- INSTRUCTIONS FOR THE TASK
Reproduce the records word for word, from the first line to the line containing "above-snapshot s older".

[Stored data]
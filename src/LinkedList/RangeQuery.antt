-- ===== src/LinkedList/RangeQuery.antt =====
-- `range_query` of Uruv/LF_LL.h, run alone.
use uruv.Common.{
  ℕ, zero, suc, ◌+◌, ◌≤◌, ◌<◌, ◌≡◌, ◌≢◌, refl, sym, le→leb, ◌∙◌, arith, Option, true, inl, inr, ltb,
  leb, Bool-cases, List, [], ◌∷◌, length,
}
use uruv.Machine.{Returns, Returns-bind, Returns-weaken}
use uruv.Tracker.{is_node}
use uruv.Store.{Store}
use uruv.LinkedList.Walks.{entry_at, skip_below, answer_from, range_query}
use uruv.LinkedList.Stamps.{latest, Timed}
use uruv.LinkedList.Snapshot.{
  first_node, Walk-next, above-snapshot, below-snapshot, Walk, Histories, snapshot, Walk-is_object,
}
use uruv.LinkedList.EntryAt.{not_null, Timely, Entry, entry_at-Returns}

module _ (s : Store) (older : ℕ → List ℕ) (ts : ℕ)
    (clock : is_node s.version_tracker.tail s.version_tracker ≡ true) where
  module _ (m low high : ℕ) where
    abbrev Answer : List ℕ → List (ℕ × ℕ) → Store → Type 0
    Answer nodes res t = (res ≡ snapshot s older ts low high nodes) × Timely s t

    answer_from-Returns :
        (nodes : List ℕ) (fuel b : ℕ) (f : ℕ → Option ℕ)
        → Timed (latest s) s.ts f
        → Walk s b nodes
        → Histories s older m (b ∷ nodes)
        → length nodes + m + 1 < fuel
        → (nodes ≢ [] → low ≤ s.key b)
        → Returns
            (answer_from fuel high ts b (first_node nodes))
            (Answer (b ∷ nodes))
            (record s { ts = f })
    unfolding answer_from
    answer_from-Returns nodes zero b f timed walk histories enough above = absurd (omega arith)
    answer_from-Returns [] (suc fuel) b f timed walk histories enough above =
        (refl, (f, refl, timed))
    answer_from-Returns (d ∷ nodes) (suc fuel) b f timed (ok, next, up, rest)
          (history, few, histories) enough above =
        let ok_d = Walk-is_object s d nodes rest in
        let low_b : low ≤ s.key b = above (λ e. cc) in
        rw (not_null s d ok_d) (
          record s { ts = f },
          rw ok refl,
          elim (Bool-cases (leb (s.key b) high)) [
            | inr out ↦
                let none_left : [] ≡ snapshot s older ts low high (b ∷ d ∷ nodes) = sym (
                  above-snapshot s older ts low high b (d ∷ nodes) (ok, next, up, rest)
                    (ground arith)) in
                rw out (none_left, (f, refl, timed))
            | inl within ↦ rw within (
                Returns-bind (entry_at fuel ts b) _ (Entry s older ts clock b)
                  (Answer (b ∷ d ∷ nodes)) (record s { ts = f })
                  (entry_at-Returns s older ts clock fuel b f timed ok history (omega arith))
                  (λ es t (is, (g, e, timed')). rw e (
                    record s { ts = g },
                    rw ok_d refl,
                    rw (Walk-next s d nodes rest) (
                        Returns-bind (answer_from fuel high ts d (first_node nodes)) _
                          (Answer (d ∷ nodes)) (Answer (b ∷ d ∷ nodes)) (record s { ts = g })
                          (answer_from-Returns nodes fuel d g timed' rest histories (omega arith)
                            (λ _. omega arith))
                          (λ more u (is', timely).
                            (rw (is, is', le→leb low (s.key b) low_b, within) refl, timely))),
                  )))
          ],
        )

    -- The place where `skip_below` stops.
    abbrev Skipped : List ℕ → ℕ × ℕ → Store → Type 0
    Skipped all res t =
        (t ≡ s)
        × ((b : ℕ) × (nodes : List ℕ) × (res ≡ (b, first_node nodes))
            × Walk s b nodes
            × Histories s older m (b ∷ nodes)
            × (length nodes < length all)
            × (nodes ≢ [] → low ≤ s.key b)
            × (snapshot s older ts low high all ≡ snapshot s older ts low high (b ∷ nodes)))

    skip_below-Returns :
        (nodes : List ℕ) (fuel b : ℕ)
        → Walk s b nodes
        → Histories s older m (b ∷ nodes)
        → length nodes < fuel
        → Returns (skip_below fuel low b (first_node nodes)) (Skipped (b ∷ nodes)) s
    unfolding skip_below
    skip_below-Returns nodes zero b walk histories enough = absurd (omega arith)
    skip_below-Returns [] (suc fuel) b walk histories enough = (
      refl,
      (b, [], refl, walk, histories, omega arith, λ some_node. absurd (some_node refl), refl),
    )
    skip_below-Returns (d ∷ nodes) (suc fuel) b (ok, next, up, rest) (history, few, histories)
          enough =
        let ok_d = Walk-is_object s d nodes rest in
        rw (not_null s d ok_d) (
          s,
          rw ok refl,
          elim (Bool-cases (ltb (s.key b) low)) [
            | inr at_least ↦ rw at_least (
              refl,
              (
                b,
                d ∷ nodes,
                refl,
                (ok, next, up, rest),
                (history, few, histories),
                omega arith,
                λ _. ground arith,
                refl,
              ),
            )
            | inl below ↦ rw below (
              s,
              rw ok_d refl,
              rw (Walk-next s d nodes rest) (
                  Returns-weaken (skip_below fuel low d (first_node nodes)) (Skipped (d ∷ nodes))
                    (Skipped (b ∷ d ∷ nodes)) s
                    (skip_below-Returns nodes fuel d rest histories (omega arith))
                    (λ res t (same, (b', nodes', is, walk, histories', fewer, above, same_answer)).
                      (
                        same,
                        (
                          b',
                          nodes',
                          is,
                          walk,
                          histories',
                          omega arith,
                          above,
                          below-snapshot s older ts low high b d nodes (ground arith) ∙ same_answer,
                        ),
                      ))),
            )
          ],
        )

    -- Run alone on a list in the order of its keys, frozen or not, whose nodes behind the head have
    -- version lists that end and in which all but the newest version have a timestamp, `range_query`
    -- with fuel for all nodes and the longest of these lists ends. It returns what the list held at
    -- the timestamp between the two keys: for each node but the last the value of the newest version
    -- that is not newer, without tombstones, in the order of the keys. It may give versions their
    -- timestamp, and changes nothing else.
    pub range_query-Snapshot :
        (nodes : List ℕ) (fuel head b : ℕ)
        → Walk s head (b ∷ nodes)
        → Histories s older m (b ∷ nodes)
        → length nodes + m + 1 < fuel
        → Returns (range_query fuel head low high ts) (Answer (b ∷ nodes)) s
    unfolding range_query
    range_query-Snapshot nodes fuel head b (ok, next, up, rest) histories enough =
        let ok_b = Walk-is_object s b nodes rest in
        (
          s,
          rw ok refl,
          rw next (
            s,
            rw ok_b refl,
            rw (Walk-next s b nodes rest) (
                Returns-bind (skip_below fuel low b (first_node nodes)) _ (Skipped (b ∷ nodes))
                  (Answer (b ∷ nodes)) s
                  (skip_below-Returns nodes fuel b rest histories (omega arith))
                  (λ res t (same, (b', nodes', is, walk, histories', fewer, above, same_answer)).
                    rw (same, is)
                      (Returns-weaken (answer_from fuel high ts b' (first_node nodes'))
                        (Answer (b' ∷ nodes')) (Answer (b ∷ nodes)) s
                        (answer_from-Returns nodes' fuel b' s.ts (λ v. (refl, λ set. set)) walk
                          histories' (omega arith) above)
                        (λ es u (e, timely). (e ∙ sym same_answer, timely))))),
          ),
        )
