-- ===== src/LinkedList/Past.antt =====
-- What `insert` of Uruv/LF_LL.h leaves of the past of a list, as `range_query` reads it.
pub mod Renewed
pub mod Linked
pub mod After
pub mod Insert
pub mod Late
pub mod Between
use uruv.Common.{ℕ, suc, ◌≤◌, ◌<◌, ◌^◌, ◌≡◌, ◌≢◌, refl, ap, ◌∙◌, arith, true, List, [], ◌∷◌, length}
use uruv.Marks.{get_unmarked_ref, get_unmarked_ref-div, is_marked-mod}
use uruv.Tracker.{is_node}
use uruv.Store.{Store, is_object, is_object-parts}
use uruv.LinkedList.Stamps.{latest}
use uruv.LinkedList.Find.{Chain, Chain-is_object}
use uruv.LinkedList.Snapshot.{Walk, Histories, snapshot}

-- The list of `t` can be read by `range_query`, and held at each timestamp before the latest what
-- that of `s` held.
abbrev pub Past : (s : Store) (older : ℕ → List ℕ) (m head : ℕ) (nodes : List ℕ) → Store → Type 0
Past s older m head nodes t =
    (all : List ℕ) × (newer : ℕ → List ℕ) × (all ≢ [])
    × Walk t head all
    × Histories t newer (suc m) all
    × (length all ≤ suc (length nodes))
    × (is_node t.version_tracker.tail t.version_tracker ≡ true)
    × ((ts low high : ℕ)
        → ts < latest s
        → snapshot t newer ts low high all ≡ snapshot s older ts low high nodes)

pub unmarked : (s : Store) (b : ℕ) → s.top ≤ 2 ^ 64 → is_object b s ≡ true → get_unmarked_ref b ≡ b
unmarked s b bound ok =
    let (_, small, even) = is_object-parts b s ok in
    omega (arith, get_unmarked_ref-div b (omega arith), is_marked-mod b)

-- A list that is not frozen.
pub Chain-Walk :
    (s : Store) (a : ℕ) (nodes : List ℕ) → s.top ≤ 2 ^ 64 → Chain s a nodes → Walk s a nodes
Chain-Walk s a [] bound (ok, next) =
    (ok, rw next (omega (arith, get_unmarked_ref-div 0 (omega arith))))
Chain-Walk s a (b ∷ nodes) bound (ok, next, up, rest) = (
  ok,
  ap get_unmarked_ref next ∙ unmarked s b bound (Chain-is_object s b nodes rest),
  up,
  Chain-Walk s b nodes bound rest,
)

- TASK OUTPUT
filename src/LinkedList/RangeQuery.antt
-- ===== src/LinkedList/RangeQuery.antt =====
-- `range_query` of Uruv/LF_LL.h, run alone.
use uruv.Common.{
  ℕ, zero, suc, ◌+◌, ◌≤◌, ◌<◌, ◌≡◌, ◌≢◌, refl, sym, le→leb, ◌∙◌, arith, Option, true, inl, inr, ltb,
  leb, Bool-cases, List, [], ◌∷◌, length,
}
use uruv.Machine.{Returns, Returns-bind, Returns-weaken}
use uruv.Tracker.{is_node}
use uruv.Store.{Store}
use uruv.LinkedList.Walks.{entry_at, skip_below, answer_from, range_query}
use uruv.LinkedList.Stamps.{latest, Timed}
use uruv.LinkedList.Snapshot.{
  first_node, Walk-next, above-snapshot, below-snapshot, Walk, Histories, snapshot, Walk-is_object,
}
use uruv.LinkedList.EntryAt.{not_null, Timely, Entry, entry_at-Returns}

module _ (s : Store) (older : ℕ → List ℕ) (ts : ℕ)
    (clock : is_node s.version_tracker.tail s.version_tracker ≡ true) where
  module _ (m low high : ℕ) where
    abbrev Answer : List ℕ → List (ℕ × ℕ) → Store → Type 0
    Answer nodes res t = (res ≡ snapshot s older ts low high nodes) × Timely s t

    answer_from-Returns :
        (nodes : List ℕ) (fuel b : ℕ) (f : ℕ → Option ℕ)
        → Timed (latest s) s.ts f
        → Walk s b nodes
        → Histories s older m (b ∷ nodes)
        → length nodes + m + 1 < fuel
        → (nodes ≢ [] → low ≤ s.key b)
        → Returns
            (answer_from fuel high ts b (first_node nodes))
            (Answer (b ∷ nodes))
            (record s { ts = f })
    unfolding answer_from
    answer_from-Returns nodes zero b f timed walk histories enough above = absurd (omega arith)
    answer_from-Returns [] (suc fuel) b f timed walk histories enough above =
        (refl, (f, refl, timed))
    answer_from-Returns (d ∷ nodes) (suc fuel) b f timed (ok, next, up, rest)
          (history, few, histories) enough above =
        let ok_d = Walk-is_object s d nodes rest in
        let low_b : low ≤ s.key b = above (λ e. cc) in
        rw (not_null s d ok_d) (
          record s { ts = f },
          rw ok refl,
          elim (Bool-cases (leb (s.key b) high)) [
            | inr out ↦
                let none_left : [] ≡ snapshot s older ts low high (b ∷ d ∷ nodes) = sym (
                  above-snapshot s older ts low high b (d ∷ nodes) (ok, next, up, rest)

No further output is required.